>>>

-- ===== src/Repository/InMemory.antt =====
-- A repository over a list of rows, newest first, where a row hides the older ones of its key. It
-- shows that the laws of `Repository` can be met, and runs the examples.
use contractor_reviewer.Repository.{Repository, Distinct, unless}
use contractor_reviewer.Common.{
  String, ◌≡◌, refl, inl, inr, Bool, true, false, not, ◌&&◌, ◌||◌, List, [], ◌∷◌, Option, none,
  some, arith, if◌then◌else◌, ◌==◌, In, Bool-cases, Option-cases,
}
use text.Mathlib.TextEquality.{eq_iff}

module _ {Row : Type 0} (key : Row → String) where
  abbrev pub at : List Row → String → Option Row
  at [] k = none
  at (r ∷ t) k = if key r == k then some r else at t k

  abbrev pub find_one : (Row → Bool) → List Row → Option Row
  find_one p [] = none
  find_one p (r ∷ t) = if p r then some r else find_one (λ s. p s && not (key s == key r)) t

  abbrev pub find : (Row → Bool) → List Row → List Row
  find p [] = []
  find p (r ∷ t) =
      let rest = find (λ s. p s && not (key s == key r)) t in if p r then r ∷ rest else rest

  abbrev pub remove : Row → List Row → List Row
  remove r [] = []
  remove r (s ∷ t) = if key s == key r then remove r t else s ∷ remove r t

  abbrev pub delete : (Row → Bool) → List Row → List Row
  delete p [] = []
  delete p (r ∷ t) =
      let hidden = delete (λ s. p s || key s == key r) t in
      let kept = delete p t in if p r then hidden else r ∷ kept

  pub key-at : (t : List Row) (k : String) (r : Row) → at t k ≡ some r → key r ≡ k
  key-at [] k r e = ground arith
  key-at (s ∷ t) k r e = ground (arith, key-at t k r, eq_iff (key s) k)

  pub at-remove :
      (r : Row) (t : List Row) (k : String)
      → at (remove r t) k ≡ (if key r == k then none else at t k)
  at-remove r [] k = ground arith
  at-remove r (s ∷ t) k =
      ground (arith, at-remove r t k, eq_iff (key s) k, eq_iff (key r) k, eq_iff (key s) (key r))

  pub at-delete :
      (p : Row → Bool) (t : List Row) (k : String) → at (delete p t) k ≡ unless p (at t k)
  at-delete p [] k = refl
  at-delete p (r ∷ t) k = elim (Bool-cases (p r)) [
    | inl gone ↦ elim (Option-cases (at t k)) [
      | inl e ↦ ground (arith, at-delete (λ s. p s || key s == key r) t k, eq_iff (key r) k)
      | inr (s, e) ↦ ground (
        arith,
        at-delete (λ s. p s || key s == key r) t k,
        key-at t k s e,
        eq_iff (key r) k,
        eq_iff (key s) (key r),
      )
    ]
    | inr kept ↦ ground (arith, at-delete p t k)
  ]

  pub find_one_sound :
      (p : Row → Bool) (t : List Row) (r : Row)
      → find_one p t ≡ some r
      → (at t (key r) ≡ some r) × (p r ≡ true)
  find_one_sound p [] r e = ground arith
  find_one_sound p (s ∷ t) r e = ground (
    arith,
    find_one_sound (λ x. p x && not (key x == key s)) t r,
    eq_iff (key s) (key r),
    eq_iff (key r) (key s),
  )

  pub find_one_complete :
      (p : Row → Bool) (t : List Row) (k : String) (r : Row)
      → find_one p t ≡ none
      → at t k ≡ some r
      → p r ≡ false
  find_one_complete p [] k r e h = ground arith
  find_one_complete p (s ∷ t) k r e h = ground (
    arith,
    find_one_complete (λ x. p x && not (key x == key s)) t k r,
    key-at t k r,
    eq_iff (key s) k,
    eq_iff (key r) (key s),
  )

  pub find_sound :
      (p : Row → Bool) (t : List Row) (r : Row)
      → In r (find p t)
      → (at t (key r) ≡ some r) × (p r ≡ true)
  find_sound p [] r m = absurd m
  find_sound p (s ∷ t) r m = ground (
    arith,
    find_sound (λ x. p x && not (key x == key s)) t r,
    eq_iff (key s) (key r),
    eq_iff (key r) (key s),
  )

  pub find_complete :
      (p : Row → Bool) (t : List Row) (k : String) (r : Row)
      → at t k ≡ some r
      → p r ≡ true
      → In r (find p t)
  find_complete p [] k r e h = ground arith
  find_complete p (s ∷ t) k r e h = ground (
    arith,
    find_complete (λ x. p x && not (key x == key s)) t k r,
    key-at t k r,
    eq_iff (key s) k,
    eq_iff (key r) (key s),
  )

  pub find-Distinct : (p : Row → Bool) (t : List Row) → Distinct key (find p t)
  find-Distinct p [] = tt
  find-Distinct p (r ∷ t) = elim (Bool-cases (p r)) [
    | inr no_match ↦ rw no_match (find-Distinct (λ s. p s && not (key s == key r)) t)
    | inl b ↦ rw b (
      λ s m.
          let (h, q) = find_sound (λ x. p x && not (key x == key r)) t s m in
          λ e. ground (arith, q, eq_iff (key s) (key r), e),
      find-Distinct (λ s. p s && not (key s == key r)) t,
    )
  ]

  abbrev pub in_memory : Repository key
  in_memory = record {
    Table = List Row;
    at = at;
    find_one = find_one;
    find = find;
    save = ◌∷◌;
    remove = remove;
    delete = delete;
    key-at = key-at;
    at-save = λ r t k. refl;
    at-remove = at-remove;
    at-delete = at-delete;
    find_one_sound = find_one_sound;
    find_one_complete = find_one_complete;
    find_sound = find_sound;
    find_complete = find_complete;
    find-Distinct = find-Distinct;
  }
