-- ===== src/Auth/Tests.antt =====
-- Two owners of a workspace: one registers, one leaves.
use contractor_reviewer.Common.{
  String, true, false, ◌≡◌, refl, sym, ap, ◌∙◌, ◌≢◌, ◌⊎◌, inl, inr, arith, Option, none, some, [],
  ◌∷◌, Bool-cases, ◌==◌, if◌then◌else◌,
}
use contractor_reviewer.Repository.InMemory.{in_memory}
use contractor_reviewer.Repository.Lookup.{Has, IsUniqueFor}
use contractor_reviewer.Entities.{
  owner, viewer, User, Workspace, WorkspaceMember, workspace_key, member_key, settings_key,
  user_key,
}
use contractor_reviewer.Workspace.{Tables, Db, Fresh}
use contractor_reviewer.Workspace.Members.{IsUnique}
use contractor_reviewer.Workspace.Owners.{IsOwned}
use contractor_reviewer.Auth.{
  Services, RegisterDto, Session, ok, err, only_owner, invalid_credentials, validate_user,
  has_email, new_user, register, login, get_account, delete_account,
}
use contractor_reviewer.Auth.Sessions.{answer, login-register, delete_account-shut}
use contractor_reviewer.Auth.Effects.{delete_account-IsOwned}
use text.Mathlib.TextEquality.{eq_iff}

abbrev tables : Tables
tables = record {
  workspaces = in_memory workspace_key;
  members = in_memory member_key;
  settings = in_memory settings_key;
  users = in_memory user_key;
}

-- Only one address has capital letters.
abbrev to_lower_case : String → String
to_lower_case s = if s == "Cleo@shop" then "cleo@shop" else s

abbrev services : Services
services = record {
  runtime = record {
    trim = λ s. s;
    to_lower_case = to_lower_case;
    length = λ s. 8;
    sql_lower = to_lower_case;
    hash = λ s. s;
  };
  compare = λ password hash. password == hash;
  md5 = λ s. s;
  sign = λ sub email. sub;
  has_avatar = λ id. false;
}

abbrev anna : User
anna = record {
  id = "anna";
  email = "anna@shop";
  name = some "Anna";
  password_hash = "secret";
  is_active = true;
}

abbrev m1 : WorkspaceMember
m1 = record { id = "m1"; workspace_id = "w1"; user_id = "anna"; role = owner; joined_at = 1 }

abbrev m2 : WorkspaceMember
m2 = record { id = "m2"; workspace_id = "w1"; user_id = "ben"; role = owner; joined_at = 2 }

abbrev shop : Workspace
shop = record { id = "w1"; name = "Shop"; created_at = 1; updated_at = 1 }

abbrev start : Db tables
start = record { workspaces = shop ∷ []; members = m1 ∷ m2 ∷ []; settings = []; users = anna ∷ [] }

abbrev alone : Db tables
alone = record start { members = m1 ∷ [] }

abbrev fresh : Fresh
fresh = record {
  workspace_id = "w9";
  member_id = "m9";
  settings_id = "s9";
  user_id = "cleo";
  now = 9;
}

abbrev cleo : RegisterDto
cleo = record { email = "cleo@shop"; password = "open sesame"; name = none }

users-one : (a : User) → Has user_key tables.users start.users a → anna ≡ a
users-one a h = elim (Bool-cases ("anna" == a.id)) [
  | inl e ↦ ground arith
  | inr e ↦ absurd (ground arith)
]

emails_unique :
    (e : String) → IsUniqueFor user_key tables.users (has_email services tables e) start.users
emails_unique e a b ha hb pa pb = sym (users-one a ha) ∙ users-one b hb

login-register_example :
    login services tables
      (some "Cleo@shop")
      "open sesame"
      (register services tables fresh cleo start).1
    ≡ answer services tables "open sesame" (new_user services tables fresh cleo)
login-register_example =
    login-register services tables fresh cleo start (some "Cleo@shop") "open sesame" emails_unique
      refl refl

-- Who registers with a capital letter is not let in.
capital_refused :
    login services tables
      (some "Cleo@shop")
      "open sesame"
      (register services tables fresh (record cleo { email = "Cleo@shop" }) start).1
    ≡ err invalid_credentials
unfolding login validate_user register
capital_refused = refl

start-rows :
    (m : WorkspaceMember) → tables.members.at start.members m.id ≡ some m → (m1 ≡ m) ⊎ (m2 ≡ m)
start-rows m h = elim (Bool-cases ("m1" == m.id)) [
  | inl e ↦ inl (ground arith)
  | inr e ↦ elim (Bool-cases ("m2" == m.id)) [
    | inl f ↦ inr (ground arith)
    | inr f ↦ absurd (ground arith)
  ]
]

anna≢ben : m1.user_id ≢ m2.user_id
anna≢ben e = ground (arith, ap (λ x. x == "ben") e)

start-IsUnique : IsUnique tables.members start.members
start-IsUnique a b ha hb w u =
    let user = λ (x : WorkspaceMember). x.user_id in
    elim (start-rows a ha) [
      | inl e ↦ elim (start-rows b hb) [
        | inl f ↦ sym e ∙ f
        | inr f ↦ absurd (anna≢ben (ap user e ∙ u ∙ sym (ap user f)))
      ]
      | inr e ↦ elim (start-rows b hb) [
        | inl f ↦ absurd (anna≢ben (ap user f ∙ sym u ∙ sym (ap user e)))
        | inr f ↦ sym e ∙ f
      ]
    ]

start-IsOwned : IsOwned tables start
start-IsOwned w h = elim (Bool-cases ("w1" == w.id)) [
  | inl e ↦ (m1, refl, ground (arith, eq_iff "w1" w.id), refl)
  | inr e ↦ absurd (ground arith)
]

-- An owner beside another is deleted, the only owner is not.
deletes : (delete_account services tables "anna" start).0 ≡ ok true
unfolding delete_account
deletes = refl

refuses : (delete_account services tables "anna" alone).0 ≡ err only_owner
unfolding delete_account
refuses = refl

-- Anna owns no workspace.
abbrev as_viewer : WorkspaceMember
as_viewer = record m1 { role = viewer }

abbrev joined : Db tables
joined = record start { members = as_viewer ∷ [] }

delete_account-IsOwned_example : IsOwned tables (delete_account services tables "anna" start).1
delete_account-IsOwned_example =
    delete_account-IsOwned services tables "anna" start start-IsUnique start-IsOwned

delete_account-shut_example :
    ((email : Option String) (password : String) (s : Session)
      → login services tables email password (delete_account services tables "anna" alone).1 ≡ ok s
      → s.user.id ≢ "anna")
    × (get_account services tables "anna" (delete_account services tables "anna" alone).1 ≡ none)
delete_account-shut_example = delete_account-shut services tables "anna" alone
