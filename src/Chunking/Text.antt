-- ===== src/Chunking/Text.antt =====
-- The operations of JavaScript on strings that the service uses, over lists of code units.
use contractor_reviewer.Common.{
  ℕ, ◌-◌, ◌≤◌, Bool, true, ◌&&◌, ◌||◌, ◌≡◌, refl, ap, List, [], ◌∷◌, arith, leb, eqb, if◌then◌else◌,
  length, take, drop, length-append, length-drop,
}
use mathlib.Core.List.{reverse, reverse-cons}

abbrev pub Code : Type 0
Code = ℕ

-- White space and line ends, as `trim` and `\s` know them.
unfoldable pub is_space : Code → Bool
is_space c =
    leb 9 c && leb c 13
    || eqb c 32
    || eqb c 160
    || eqb c 0x1680
    || leb 0x2000 c && leb c 0x200a
    || eqb c 0x2028
    || eqb c 0x2029
    || eqb c 0x202f
    || eqb c 0x205f
    || eqb c 0x3000
    || eqb c 0xfeff

-- `[.!?]`
unfoldable pub is_terminator : Code → Bool
is_terminator c = eqb c b'.' || eqb c b'!' || eqb c b'?'

unfoldable pub trim_start : List Code → List Code
trim_start [] = []
trim_start (c ∷ s) = if is_space c then trim_start s else c ∷ s

unfoldable pub trim : List Code → List Code
unfolding trim_start is_space
trim s = reverse (trim_start (reverse (trim_start s)))

-- `!s.trim()`
unfoldable pub is_blank : List Code → Bool
unfolding is_space
is_blank [] = true
is_blank (c ∷ s) = is_space c && is_blank s

-- `s.slice(start, end)` at 0 ≤ start, end
unfoldable pub slice : ℕ → ℕ → List Code → List Code
slice start end s = drop start (take end s)

-- `s.slice(-n)`
unfoldable pub slice_last : ℕ → List Code → List Code
slice_last n s = drop (length s - n) s

length-reverse : (s : List Code) → length (reverse s) ≡ length s
length-reverse [] = refl
length-reverse (c ∷ s) =
    omega
      (arith, ap length (reverse-cons c s), length-append (reverse s) (c ∷ []), length-reverse s)

length-trim_start : (s : List Code) → length (trim_start s) ≤ length s
unfolding trim_start
length-trim_start [] = omega arith
length-trim_start (c ∷ s) = ground (arith, length-trim_start s)

pub length-trim : (s : List Code) → length (trim s) ≤ length s
unfolding trim
length-trim s = omega (
  arith,
  length-reverse (trim_start (reverse (trim_start s))),
  length-trim_start (reverse (trim_start s)),
  length-reverse (trim_start s),
  length-trim_start s,
)

pub length-slice_last : (n : ℕ) (s : List Code) → length (slice_last n s) ≤ n
unfolding slice_last
length-slice_last n s = omega (arith, length-drop (length s - n) s)
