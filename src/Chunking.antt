-- ===== src/Chunking.antt =====
-- apps/api/src/rag/chunking.service.ts: ChunkingService splits a text into chunks for embedding.
-- A text is the list of its UTF-16 code units. The splitting of a text into the blocks of
-- `chunkByParagraph` by regular expressions is a parameter; the walk over the tokens of the
-- Markdown lexer (the package `marked`) is modelled.
pub mod Text
pub mod Slices
pub mod Windows
pub mod Sentences
pub mod Bounds
pub mod Paragraphs
pub mod Headings
mod Tests
use contractor_reviewer.Common.{
  ℕ, zero, suc, ◌+◌, ◌-◌, ◌*◌, String, Bool, true, false, not, ◌&&◌, ◌||◌, List, [], ◌∷◌, ◌++◌,
  Option, none, some, ltb, leb, eqb, if◌then◌else◌, length, take, drop, map, min,
}
use Text.{Code, is_terminator, trim, is_blank, slice, slice_last}

-- Signed indices: differences of natural numbers.
pub data ℤ : Type 0 where
  pos : ℕ → ℤ
  negsuc : ℕ → ℤ

-- a - b
abbrev pub sub_ℕ : ℕ → ℕ → ℤ
sub_ℕ a b = if leb b a then pos (a - b) else negsuc (b - a - 1)

-- `para-n` and `chunk-n`
pub data ParagraphId : Type 0 where
  para chunk : ℕ → ParagraphId

pub record Chunk : Type 0 where
  pub text : List Code
  pub page_number : Option ℕ
  pub paragraph_id : ParagraphId
  pub start_index : ℤ
  pub end_index : ℤ
  pub clause_number : Option (List Code)
  pub heading_path : Option (List (List Code))

abbrev pub chunk_size : ℕ
chunk_size = 1000

abbrev pub chunk_overlap : ℕ
chunk_overlap = 200

-- The variables of the loop of `chunkBySentences`.
pub record Sentencing : Type 0 where
  pub chunks : List Chunk
  pub current : List Code
  pub current_start : ℤ
  pub current_index : ℕ

abbrev pub first_sentencing : Sentencing
first_sentencing = record { chunks = []; current = []; current_start = pos 0; current_index = 0 }

module _ (page : Option ℕ) where
  -- A chunk of the strategies that know no headings; its text is trimmed.
  abbrev pub plain_chunk : ℕ → List Code → ℤ → ℤ → Chunk
  plain_chunk n text start end = record {
    text = trim text;
    page_number = page;
    paragraph_id = chunk (n + 1);
    start_index = start;
    end_index = end;
    clause_number = none;
    heading_path = none;
  }

  -- `if (chunkText.trim()) chunks.push(…)`
  abbrev pub push_window : ℕ → ℕ → List Code → List Chunk → List Chunk
  push_window start end text chunks =
      let part = slice start end text in
      if is_blank part
      then chunks
      else chunks ++ plain_chunk (length chunks) part (pos start) (pos end) ∷ []

  -- The `while` loop of `chunkByFixedSize`, on fuel; `none` means that the fuel ran out. After
  -- `start = end - CHUNK_OVERLAP` the source sets a negative start to 0, as `-` on ℕ does.
  pub fixed_size_loop : ℕ → ℕ → List Code → List Chunk → Option (List Chunk)
  fixed_size_loop zero start text chunks = none
  fixed_size_loop (suc fuel) start text chunks =
      let end = min (start + chunk_size) (length text) in
      let chunks' = push_window start end text chunks in
      let rest = fixed_size_loop fuel (end - chunk_overlap) text chunks' in
      if ltb start (length text)
      then if leb (length text) end then some chunks' else rest
      else some chunks

  pub chunk_by_fixed_size : List Code → Option (List Chunk)
  chunk_by_fixed_size text = fixed_size_loop (length text + 1) 0 text []

  -- `if (currentChunk) chunks.push(…)`
  abbrev pub push_current : Sentencing → List Code → List Chunk
  push_current s sentence =
      if eqb (length s.current) 0
      then s.chunks
      else s.chunks
        ++ plain_chunk (length s.chunks) s.current s.current_start
            (sub_ℕ s.current_index (length sentence))
          ∷ []

  -- One round: the sentence goes to the current chunk, or begins the next one after an overlap.
  pub add_sentence : List Code → Sentencing → Sentencing
  add_sentence sentence s =
      if ltb chunk_size (length s.current + length sentence)
      then record {
        chunks = push_current s sentence;
        current = slice_last chunk_overlap s.current ++ b' ' ∷ sentence;
        current_start = sub_ℕ s.current_index chunk_overlap;
        current_index = s.current_index + length sentence;
      }
      else record s {
        current = s.current ++ sentence;
        current_index = s.current_index + length sentence;
      }

  pub add_sentences : List (List Code) → Sentencing → Sentencing
  add_sentences [] s = s
  add_sentences (x ∷ xs) s = add_sentences xs (add_sentence x s)

  abbrev pub finish : Sentencing → List Chunk
  finish s =
      if is_blank s.current
      then s.chunks
      else s.chunks
        ++ plain_chunk (length s.chunks) s.current s.current_start (pos s.current_index) ∷ []

-- `text.match(/[^.!?]+[.!?]+/g)`: the scan before a sentence, in its body, and in its final marks.
pub data Phase : Type 0 where
  before : Phase
  body marks : List Code → Phase

unfoldable pub scan : Phase → List Code → List (List Code)
scan before [] = []
scan before (c ∷ s) = scan (if is_terminator c then before else body (c ∷ [])) s
scan (body acc) [] = []
scan (body acc) (c ∷ s) =
    scan (if is_terminator c then marks (acc ++ c ∷ []) else body (acc ++ c ∷ [])) s
scan (marks acc) [] = acc ∷ []
scan (marks acc) (c ∷ s) =
    let more = scan (marks (acc ++ c ∷ [])) s in
    let next = acc ∷ scan (body (c ∷ [])) s in if is_terminator c then more else next

-- `… || [text]`
abbrev or_whole : List (List Code) → List Code → List (List Code)
or_whole [] text = text ∷ []
or_whole (x ∷ xs) text = x ∷ xs

pub split_sentences : List Code → List (List Code)
split_sentences text = or_whole (scan before text) text

pub chunk_by_sentences : Option ℕ → List Code → List Chunk
chunk_by_sentences page text =
    finish page (add_sentences page (split_sentences text) (first_sentencing))
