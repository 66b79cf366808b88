-- ===== src/Chunking/Bounds.antt =====
-- apps/api/src/rag/chunking.service.ts: the size of the chunks of `chunkBySentences`.
use contractor_reviewer.Common.{
  ℕ, ◌+◌, ◌≤◌, List, [], ◌∷◌, Option, arith, ltb, eqb, length, length-append, All, All-append,
  Bool-cases, inl, inr,
}
use contractor_reviewer.Chunking.{
  Chunk, Sentencing, push_current, add_sentence, add_sentences, first_sentencing,
  chunk_by_sentences, split_sentences,
}
use contractor_reviewer.Chunking.Text.{Code, is_blank, slice_last, length-trim, length-slice_last}

abbrev IsSmall : Chunk → Type 0
IsSmall c = length c.text ≤ 1000

record IsBounded (s : Sentencing) : Type 0 where
  pub chunks-IsSmall : All IsSmall s.chunks
  pub current-small : length s.current ≤ 1000

module _ (page : Option ℕ) where
  push_current-IsSmall :
      (s : Sentencing) (x : List Code) → IsBounded s → All IsSmall (push_current page s x)
  push_current-IsSmall s x b = elim (Bool-cases (eqb (length s.current) 0)) [
    | inl e ↦ rw e b.chunks-IsSmall
    | inr e ↦ rw e (
        All-append IsSmall s.chunks _ b.chunks-IsSmall
          (omega (arith, b.current-small, length-trim s.current), tt))
  ]

  add_sentence-IsBounded :
      (x : List Code) (s : Sentencing)
      → length x ≤ 799
      → IsBounded s
      → IsBounded (add_sentence page x s)
  unfolding add_sentence
  add_sentence-IsBounded x s short b = elim (Bool-cases (ltb 1000 (length s.current + length x))) [
    | inl e ↦ rw e (record {
      chunks-IsSmall = push_current-IsSmall s x b;
      current-small = omega (
        arith,
        short,
        length-append (slice_last 200 s.current) (b' ' ∷ x),
        length-slice_last 200 s.current,
      );
    })
    | inr e ↦ rw e (record {
      chunks-IsSmall = b.chunks-IsSmall;
      current-small = ground (arith, length-append s.current x);
    })
  ]

  add_sentences-IsBounded :
      (xs : List (List Code)) (s : Sentencing)
      → All (λ x. length x ≤ 799) xs
      → IsBounded s
      → IsBounded (add_sentences page xs s)
  unfolding add_sentences
  add_sentences-IsBounded [] s short b = b
  add_sentences-IsBounded (x ∷ xs) s short b =
      add_sentences-IsBounded xs (add_sentence page x s) short.1
        (add_sentence-IsBounded x s short.0 b)

  -- If no sentence of the text has more than 799 code units, no chunk has more than 1000.
  pub chunk_by_sentences-IsSmall :
      (text : List Code)
      → All (λ x. length x ≤ 799) (split_sentences text)
      → All (λ c. length c.text ≤ 1000) (chunk_by_sentences page text)
  unfolding chunk_by_sentences
  chunk_by_sentences-IsSmall text short =
      let s = add_sentences page (split_sentences text) first_sentencing in
      let b =
        add_sentences-IsBounded (split_sentences text) first_sentencing short
          (record { chunks-IsSmall = tt; current-small = omega arith }) in
      elim (Bool-cases (is_blank s.current)) [
        | inl e ↦ rw e b.chunks-IsSmall
        | inr e ↦ rw e (
            All-append IsSmall s.chunks _ b.chunks-IsSmall
              (omega (arith, b.current-small, length-trim s.current), tt))
      ]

<<<

Reproduce exactly, and only, the part of the listing above that begins at the line with "remove r [] = []" and goes on through the line with "unless p (at t k)".

● **REPLY TO THE EXERCISE**
  remove r [] = []
  remove r (s ∷ t) = if key s == key r then remove r t else s ∷ remove r t

  abbrev pub delete : (Row → Bool) → List Row → List Row
  delete p [] = []
  delete p (r ∷ t) =
      let hidden = delete (λ s. p s || key s == key r) t in
      let kept = delete p t in if p r then hidden else r ∷ kept

  pub key-at : (t : List Row) (k : String) (r : Row) → at t k ≡ some r → key r ≡ k
  key-at [] k r e = ground arith
  key-at (s ∷ t) k r e = ground (arith, key-at t k r, eq_iff (key s) k)

  pub at-remove :
      (r : Row) (t : List Row) (k : String)
      → at (remove r t) k ≡ (if key r == k then none else at t k)
  at-remove r [] k = ground arith
  at-remove r (s ∷ t) k =
      ground (arith, at-remove r t k, eq_iff (key s) k, eq_iff (key r) k, eq_iff (key s) (key r))

  pub at-delete :
      (p : Row → Bool) (t : List Row) (k : String) → at (delete p t) k ≡ unless p (at t k)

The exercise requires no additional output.